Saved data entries

***

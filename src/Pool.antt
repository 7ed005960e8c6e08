-- ===== src/Pool.antt =====
-- src/pool.rs, `ThreadPool`: its state, its creation and the small operations on it. The two ends of
-- a channel share its state, and so do the pool and its workers the status byte. An operation
-- returns `none` if it panics or does not end.
pub mod Dispatch
pub mod Life
pub mod Exec
pub mod Blocking
pub mod Resizing
pub mod Creation
pub mod Sending
pub mod Running
pub mod Delivering
pub mod Evicting
pub mod Retrying
pub mod Sizes
pub mod Closing
pub mod Sleeping
pub mod Executing
pub mod Scaling
pub mod Calls
use thread_pool.Prelude.{
  ℕ, ◌+◌, ◌/◌, Bool, true, false, not, ◌&&◌, ◌||◌, Option, none, some, if◌then◌else◌, ◌==◌, ltb,
  leb,
}
use thread_pool.Model.{flag_normal, flag_lazy_init, flag_sleep_workers}
use thread_pool.Channel.{Channel}
use thread_pool.Config
use thread_pool.Config.{Config, TimeoutPolicy}
use thread_pool.Status.{has_hibernate_workers, compare_exchange, toggle_alone}
use thread_pool.Worker.{Queue, pri, norm}
use thread_pool.Manager
use thread_pool.Manager.{Manager}
use thread_pool.Manager.Jobs.{Queues}
use thread_pool.Manager.Sizing.{workers_count}

abbrev pub retry_limit : ℕ
retry_limit = 4

abbrev pub chan_cap : ℕ
chan_cap = 16

abbrev pub threshold : ℕ
threshold = 1024

abbrev pub auto_extend_trigger_size : ℕ
auto_extend_trigger_size = 2

pub data ExecutionError : Type 0 where
  timeout uninitialized disconnected pool_poisoned : ExecutionError

-- `chan` names the two senders, priority first; `queues` are the states of the channels.
pub record ThreadPool (c : Channel) : Type 0 where
  pub manager : Manager
  pub chan : Queue × Queue
  pub queues : Queues c
  pub init_size : ℕ
  pub upgrade_threshold : ℕ
  pub auto_extend_threshold : ℕ
  pub status : ℕ
  pub auto_scale : Bool
  pub non_blocking : Bool
  pub queue_timeout : Option ℕ
  pub timeout_policy : TimeoutPolicy

unfoldable pub pool_size : ℕ → ℕ
pool_size size = if ltb size 1 then 1 else if ltb threshold size then threshold else size

module _ (c : Channel) where
  abbrev with_manager : Option Manager → (Manager → ThreadPool c) → Option (ThreadPool c)
  with_manager none f = none
  with_manager (some m) f = some (f m)

  -- The struct that `create_pool` returns.
  abbrev pub pool_of : ℕ → Config → Bool → Manager → ThreadPool c
  pool_of size config lazy_built m = record {
    manager = m;
    chan = (pri, norm);
    queues = record { pri_state = c.bounded chan_cap; norm_state = c.bounded chan_cap };
    init_size = size;
    upgrade_threshold = chan_cap / 2;
    auto_extend_threshold = threshold;
    status = if not lazy_built then flag_normal else flag_lazy_init;
    auto_scale = false;
    non_blocking = config.non_blocking;
    queue_timeout = none;
    timeout_policy = config.timeout_policy;
  }

  unfoldable pub create_pool : ℕ → Config → Bool → Option (ThreadPool c)
  create_pool size config lazy_built =
      with_manager (Manager.build config (pool_size size) pri norm lazy_built)
        (pool_of (pool_size size) config lazy_built)

  unfoldable pub new : ℕ → Option (ThreadPool c)
  unfolding create_pool pool_size Config.new
  new size = create_pool size Config.new false

  unfoldable pub new_with_config : ℕ → Config → Option (ThreadPool c)
  unfolding create_pool pool_size
  new_with_config size config = create_pool size config false

  unfoldable pub build : ℕ → Option (ThreadPool c)
  unfolding create_pool pool_size Config.new
  build size = create_pool size Config.new true

  unfoldable pub build_with_config : ℕ → Config → Option (ThreadPool c)
  unfolding create_pool pool_size
  build_with_config size config = create_pool size config true

  unfoldable pub set_exec_timeout : Option ℕ → ThreadPool c → ThreadPool c
  set_exec_timeout period p = record p { queue_timeout = period }

  unfoldable pub toggle_blocking : Bool → ThreadPool c → ThreadPool c
  toggle_blocking non_blocking p = record p { non_blocking = non_blocking }

  unfoldable pub toggle_auto_scale : Bool → ThreadPool c → ThreadPool c
  toggle_auto_scale auto_scale p = record p { auto_scale = auto_scale }

  unfoldable pub set_status : ℕ → ThreadPool c → ThreadPool c
  set_status status p = record p { status = status }

  -- The weak exchange may fail for no reason, and is not tried again.
  unfoldable pub update_status : (spurious : Bool) → ℕ → ℕ → ThreadPool c → Bool × ThreadPool c
  unfolding compare_exchange
  update_status spurious old new p =
      if old == new
      then (true, p)
      else let (done, status) =
          compare_exchange (record { found = p.status; spurious = spurious }) old new in
        (done, record p { status = status })

  unfoldable pub amortized_new_size : ℕ → ThreadPool c → Option ℕ
  amortized_new_size queue_length p =
      let worker_count = workers_count p.manager in
      if queue_length == 0
      then none
      else if ltb auto_extend_trigger_size queue_length && leb worker_count p.auto_extend_threshold
      then some (worker_count + queue_length)
      else if queue_length == 0 && ltb p.init_size worker_count
      then (if worker_count == p.init_size + 1
          then some p.init_size
          else some ((worker_count + p.init_size) / 2))
      else none

  -- `fetch_and` has written the byte whether or not any worker is then woken.
  unfoldable pub wake_workers : ThreadPool c → ThreadPool c
  wake_workers p =
      let (asleep, status) = has_hibernate_workers p.status in
      if asleep
      then record p {
        manager = Manager.wake_up p.manager;
        status = toggle_alone status flag_sleep_workers false;
      }
      else record p { status = status }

***

PROMPT: Nothing in the entries above may be left out; retype them all exactly.

ANSWER SECTION:
filename src/Pool.antt
repository 7ed005960e8c6e08
-- ===== src/Pool.antt =====
-- src/pool.rs, `ThreadPool`: its state, its creation and the small operations on it. The two ends of
-- a channel share its state, and so do the pool and its workers the status byte. An operation
-- returns `none` if it panics or does not end.
pub mod Dispatch
pub mod Life
pub mod Exec
pub mod Blocking
pub mod Resizing
pub mod Creation
pub mod Sending
pub mod Running
pub mod Delivering
pub mod Evicting
pub mod Retrying
pub mod Sizes
pub mod Closing
pub mod Sleeping
pub mod Executing
pub mod Scaling
pub mod Calls
use thread_pool.Prelude.{
  ℕ, ◌+◌, ◌/◌, Bool, true, false, not, ◌&&◌, ◌||◌, Option, none, some, if◌then◌else◌, ◌==◌, ltb,
  leb,
}
use thread_pool.Model.{flag_normal, flag_lazy_init, flag_sleep_workers}
use thread_pool.Channel.{Channel}
use thread_pool.Config
use thread_pool.Config.{Config, TimeoutPolicy}
use thread_pool.Status.{has_hibernate_workers, compare_exchange, toggle_alone}
use thread_pool.Worker.{Queue, pri, norm}
use thread_pool.Manager
use thread_pool.Manager.{Manager}
use thread_pool.Manager.Jobs.{Queues}
use thread_pool.Manager.Sizing.{workers_count}

abbrev pub retry_limit : ℕ
retry_limit = 4

abbrev pub chan_cap : ℕ
chan_cap = 16

abbrev pub threshold : ℕ
threshold = 1024

abbrev pub auto_extend_trigger_size : ℕ
auto_extend_trigger_size = 2

pub data ExecutionError : Type 0 where
  timeout uninitialized disconnected pool_poisoned : ExecutionError

-- `chan` names the two senders, priority first; `queues` are the states of the channels.
pub record ThreadPool (c : Channel) : Type 0 where
  pub manager : Manager
  pub chan : Queue × Queue
  pub queues : Queues c
  pub init_size : ℕ
  pub upgrade_threshold : ℕ
  pub auto_extend_threshold : ℕ
  pub status : ℕ
  pub auto_scale : Bool
  pub non_blocking : Bool
  pub queue_timeout : Option ℕ
  pub timeout_policy : TimeoutPolicy

unfoldable pub pool_size : ℕ → ℕ
pool_size size = if ltb size 1 then 1 else if ltb threshold size then threshold else size

module _ (c : Channel) where
  abbrev with_manager : Option Manager → (Manager → ThreadPool c) → Option (ThreadPool c)
  with_manager none f = none
  with_manager (some m) f = some (f m)

  -- The struct that `create_pool` returns.
  abbrev pub pool_of : ℕ → Config → Bool → Manager → ThreadPool c
  pool_of size config lazy_built m = record {
    manager = m;
    chan = (pri, norm);
    queues = record { pri_state = c.bounded chan_cap; norm_state = c.bounded chan_cap };
    init_size = size;
    upgrade_threshold = chan_cap / 2;
    auto_extend_threshold = threshold;
    status = if not lazy_built then flag_normal else flag_lazy_init;
    auto_scale = false;
    non_blocking = config.non_blocking;
    queue_timeout = none;
    timeout_policy = config.timeout_policy;
  }

  unfoldable pub create_pool : ℕ → Config → Bool → Option (ThreadPool c)
  create_pool size config lazy_built =
      with_manager (Manager.build config (pool_size size) pri norm lazy_built)
        (pool_of (pool_size size) config lazy_built)

  unfoldable pub new : ℕ → Option (ThreadPool c)
  unfolding create_pool pool_size Config.new
  new size = create_pool size Config.new false

  unfoldable pub new_with_config : ℕ → Config → Option (ThreadPool c)
  unfolding create_pool pool_size
  new_with_config size config = create_pool size config false

  unfoldable pub build : ℕ → Option (ThreadPool c)
  unfolding create_pool pool_size Config.new
  build size = create_pool size Config.new true

  unfoldable pub build_with_config : ℕ → Config → Option (ThreadPool c)
  unfolding create_pool pool_size
  build_with_config size config = create_pool size config true

  unfoldable pub set_exec_timeout : Option ℕ → ThreadPool c → ThreadPool c
  set_exec_timeout period p = record p { queue_timeout = period }

  unfoldable pub toggle_blocking : Bool → ThreadPool c → ThreadPool c
  toggle_blocking non_blocking p = record p { non_blocking = non_blocking }

  unfoldable pub toggle_auto_scale : Bool → ThreadPool c → ThreadPool c
  toggle_auto_scale auto_scale p = record p { auto_scale = auto_scale }

  unfoldable pub set_status : ℕ → ThreadPool c → ThreadPool c
  set_status status p = record p { status = status }

  -- The weak exchange may fail for no reason, and is not tried again.
  unfoldable pub update_status : (spurious : Bool) → ℕ → ℕ → ThreadPool c → Bool × ThreadPool c
  unfolding compare_exchange
  update_status spurious old new p =
      if old == new
      then (true, p)
      else let (done, status) =
          compare_exchange (record { found = p.status; spurious = spurious }) old new in
        (done, record p { status = status })

  unfoldable pub amortized_new_size : ℕ → ThreadPool c → Option ℕ
  amortized_new_size queue_length p =
      let worker_count = workers_count p.manager in
      if queue_length == 0
      then none
      else if ltb auto_extend_trigger_size queue_length && leb worker_count p.auto_extend_threshold
      then some (worker_count + queue_length)
      else if queue_length == 0 && ltb p.init_size worker_count
      then (if worker_count == p.init_size + 1
          then some p.init_size
          else some ((worker_count + p.init_size) / 2))
      else none

  -- `fetch_and` has written the byte whether or not any worker is then woken.
  unfoldable pub wake_workers : ThreadPool c → ThreadPool c
  wake_workers p =
      let (asleep, status) = has_hibernate_workers p.status in
      if asleep
      then record p {
        manager = Manager.wake_up p.manager;
        status = toggle_alone status flag_sleep_workers false;
      }
      else record p { status = status }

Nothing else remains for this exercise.